## What you should do
Your answer must hold only the lines below from the line containing "push-Exact (put h" through the line containing "-- Once a variable", each reproduced exactly.

*** Data shown Section Begins ***

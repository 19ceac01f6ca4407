-- ===== src/CountedPtr/Freed.antt =====
-- counted_ptr.h: a state is freed when its last pointer goes, and only then.
use librf.Prelude.{
  occ, occ-append, ℕ, ◌+◌, ◌≤◌, ◌<◌, ◌≡◌, ◌≢◌, subst, List, [], ◌∷◌, arith, size_mod, length,
  if◌then◌else◌, ◌==◌, inl, inr, Bool-cases,
}
use librf.CountedPtr.{
  Ptr, null, Heap, get, hold, drop, put, push, construct_null, construct_raw, construct_copy,
  construct_move, assign_copy, swap, reset, assign_move, unlock, lock,
}
use librf.CountedPtr.Count.{occ-set, Owes, IsCounted, hold-Owes, put-Owes}
use librf.CountedPtr.Kept.{
  Action, constructs, adopts, copies, moves, assigns, assigns_moved, swaps, resets, act, acts,
  Allowed, AllowedAll, act-IsCounted, act-length, hold-ptrs, occ-swap, get-fresh, swap-IsCounted,
  length-swap,
}

-- A state `p` that was pointed to is freed once if no pointer to it is left, and else was not; `d` is
-- the pointer that `Owes` allows for.
abbrev Exact : Heap → Ptr → Ptr → Type 0
Exact h d p = h.freed p ≡ (if occ p h.ptrs + occ p (d ∷ []) == 0 then 1 else 0)

module _ (h : Heap) (p : Ptr) (n : p ≢ null) where
  hold-Exact : (d : Ptr) → (d ≢ null → h.freed d ≡ 0) → Exact h null p → Exact (hold h d) d p
  unfolding hold lock
  hold-Exact d fresh x = ground (arith, fresh)

  put-Exact :
      (d : Ptr) (i : ℕ) → i < length h.ptrs → Exact h d p → Exact (put h i d) (get h.ptrs i) p
  put-Exact d i lt x = rw (occ-set p d h.ptrs i lt) x

  push-Exact : (d : Ptr) → Exact h d p → Exact (push h d) null p
  push-Exact d x = ground (arith, occ-append p d h.ptrs)

  drop-Exact : (d : Ptr) → Owes h d → Exact h d p → Exact (drop h d) null p
  unfolding drop unlock
  drop-Exact d v x = ground (arith, v.counted p n)

  swap-Exact :
      (i cp : ℕ)
      → i < length h.ptrs
      → cp < length h.ptrs
      → Exact h null p
      → Exact (swap h i cp) null p
  unfolding swap
  swap-Exact i cp li lc x = rw (occ-swap p h.ptrs i cp li lc) x

reset-Exact :
    (h : Heap) (p : Ptr)
    → p ≢ null
    → (i : ℕ) → i < length h.ptrs
    → IsCounted h
    → Exact h null p
    → Exact (reset h i) null p
unfolding reset
reset-Exact h p n i lt v x =
    drop-Exact (put h i null) p n (get h.ptrs i) (put-Owes h null i lt v)
      (put-Exact h p n null i lt x)

act-Exact :
    (h : Heap) (p : Ptr) (a : Action)
    → p ≢ null
    → Allowed h a
    → IsCounted h
    → Exact h null p
    → Exact (act h a) null p
unfolding act construct_null construct_raw construct_copy construct_move assign_copy assign_move
act-Exact h p constructs n w v x = push-Exact h p n null x
act-Exact h p (adopts q) n w v x = push-Exact (hold h q) p n q (hold-Exact h p n q (λ _. w) x)
act-Exact h p (copies cp) n w v x =
    let q = get h.ptrs cp in push-Exact (hold h q) p n q (hold-Exact h p n q (get-fresh h cp w v) x)
act-Exact h p (moves cp) n w v x =
    push-Exact (put h cp null) p n (get h.ptrs cp) (put-Exact h p n null cp w x)
act-Exact h p (assigns i cp) n w v x =
    let q = get h.ptrs cp in
    let fresh = get-fresh h cp w.1 v in
    elim (Bool-cases (cp == i)) [
      | inl e ↦ rw e x
      | inr e ↦ rw e (
          drop-Exact (put (hold h q) i q) p n (get h.ptrs i)
            (subst (λ ps. Owes (put (hold h q) i q) (get ps i)) (hold-ptrs h q)
              (put-Owes (hold h q) q i (rw (hold-ptrs h q) w.0) (hold-Owes h q fresh v)))
            (subst (λ ps. Exact (put (hold h q) i q) (get ps i) p) (hold-ptrs h q)
              (put-Exact (hold h q) p n q i (rw (hold-ptrs h q) w.0) (hold-Exact h p n q fresh x))))
    ]
act-Exact h p (assigns_moved i cp) n w v x = elim (Bool-cases (cp == i)) [
  | inl e ↦ rw e x
  | inr e ↦ rw e (
      reset-Exact (swap h i cp) p n cp (rw (length-swap h i cp) w.1)
        (swap-IsCounted h i cp w.0 w.1 v) (swap-Exact h p n i cp w.0 w.1 x))
]
act-Exact h p (swaps i cp) n w v x = swap-Exact h p n i cp w.0 w.1 x
act-Exact h p (resets i) n w v x = reset-Exact h p n i w v x

acts-Exact :
    (rest : List Action) (h : Heap) (p : Ptr)
    → p ≢ null
    → AllowedAll h rest
    → length h.ptrs + length rest + 1 < size_mod
    → IsCounted h
    → Exact h null p
    → Exact (acts h rest) null p
unfolding acts
acts-Exact [] h p n w b v x = x
acts-Exact (a ∷ rest) h p n w b v x =
    acts-Exact rest (act h a) p n w.1 (omega (arith, act-length h a))
      (act-IsCounted h a w.0 (omega arith) v) (act-Exact h p a n w.0 v x)

-- Once a variable points to a state, and whatever is then done with the pointers, the state has been
-- freed once if no variable points to it any more, and has not been freed while one does: it is not
-- leaked, nor freed early or twice.
pub acts-freed :
    (rest : List Action) (h : Heap) (p : Ptr)
    → p ≢ null
    → 1 ≤ occ p h.ptrs
    → AllowedAll h rest
    → length h.ptrs + length rest + 1 < size_mod
    → IsCounted h
    → (acts h rest).freed p ≡ (if occ p (acts h rest).ptrs == 0 then 1 else 0)
acts-freed rest h p n some_ptr w b v =
    let start : Exact h null p = ground (arith, v.once p n, v.dead p n) in
    ground (arith, acts-Exact rest h p n w b v start)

*** Data shown Section Ends ***

## Expected output
    push-Exact (put h cp null) p n (get h.ptrs cp) (put-Exact h p n null cp w x)
act-Exact h p (assigns i cp) n w v x =
    let q = get h.ptrs cp in
    let fresh = get-fresh h cp w.1 v in
    elim (Bool-cases (cp == i)) [
      | inl e ↦ rw e x
      | inr e ↦ rw e (
          drop-Exact (put (hold h q) i q) p n (get h.ptrs i)
            (subst (λ ps. Owes (put (hold h q) i q) (get ps i)) (hold-ptrs h q)
              (put-Owes (hold h q) q i (rw (hold-ptrs h q) w.0) (hold-Owes h q fresh v)))
            (subst (λ ps. Exact (put (hold h q) i q) (get ps i) p) (hold-ptrs h q)
              (put-Exact (hold h q) p n q i (rw (hold-ptrs h q) w.0) (hold-Exact h p n q fresh x))))
    ]
act-Exact h p (assigns_moved i cp) n w v x = elim (Bool-cases (cp == i)) [
  | inl e ↦ rw e x
  | inr e ↦ rw e (
      reset-Exact (swap h i cp) p n cp (rw (length-swap h i cp) w.1)
        (swap-IsCounted h i cp w.0 w.1 v) (swap-Exact h p n i cp w.0 w.1 x))
]
act-Exact h p (swaps i cp) n w v x = swap-Exact h p n i cp w.0 w.1 x
act-Exact h p (resets i) n w v x = reset-Exact h p n i w v x

acts-Exact :
    (rest : List Action) (h : Heap) (p : Ptr)
    → p ≢ null
    → AllowedAll h rest
    → length h.ptrs + length rest + 1 < size_mod
    → IsCounted h
    → Exact h null p
    → Exact (acts h rest) null p
unfolding acts
acts-Exact [] h p n w b v x = x
acts-Exact (a ∷ rest) h p n w b v x =
    acts-Exact rest (act h a) p n w.1 (omega (arith, act-length h a))
      (act-IsCounted h a w.0 (omega arith) v) (act-Exact h p a n w.0 v x)

-- Once a variable points to a state, and whatever is then done with the pointers, the state has been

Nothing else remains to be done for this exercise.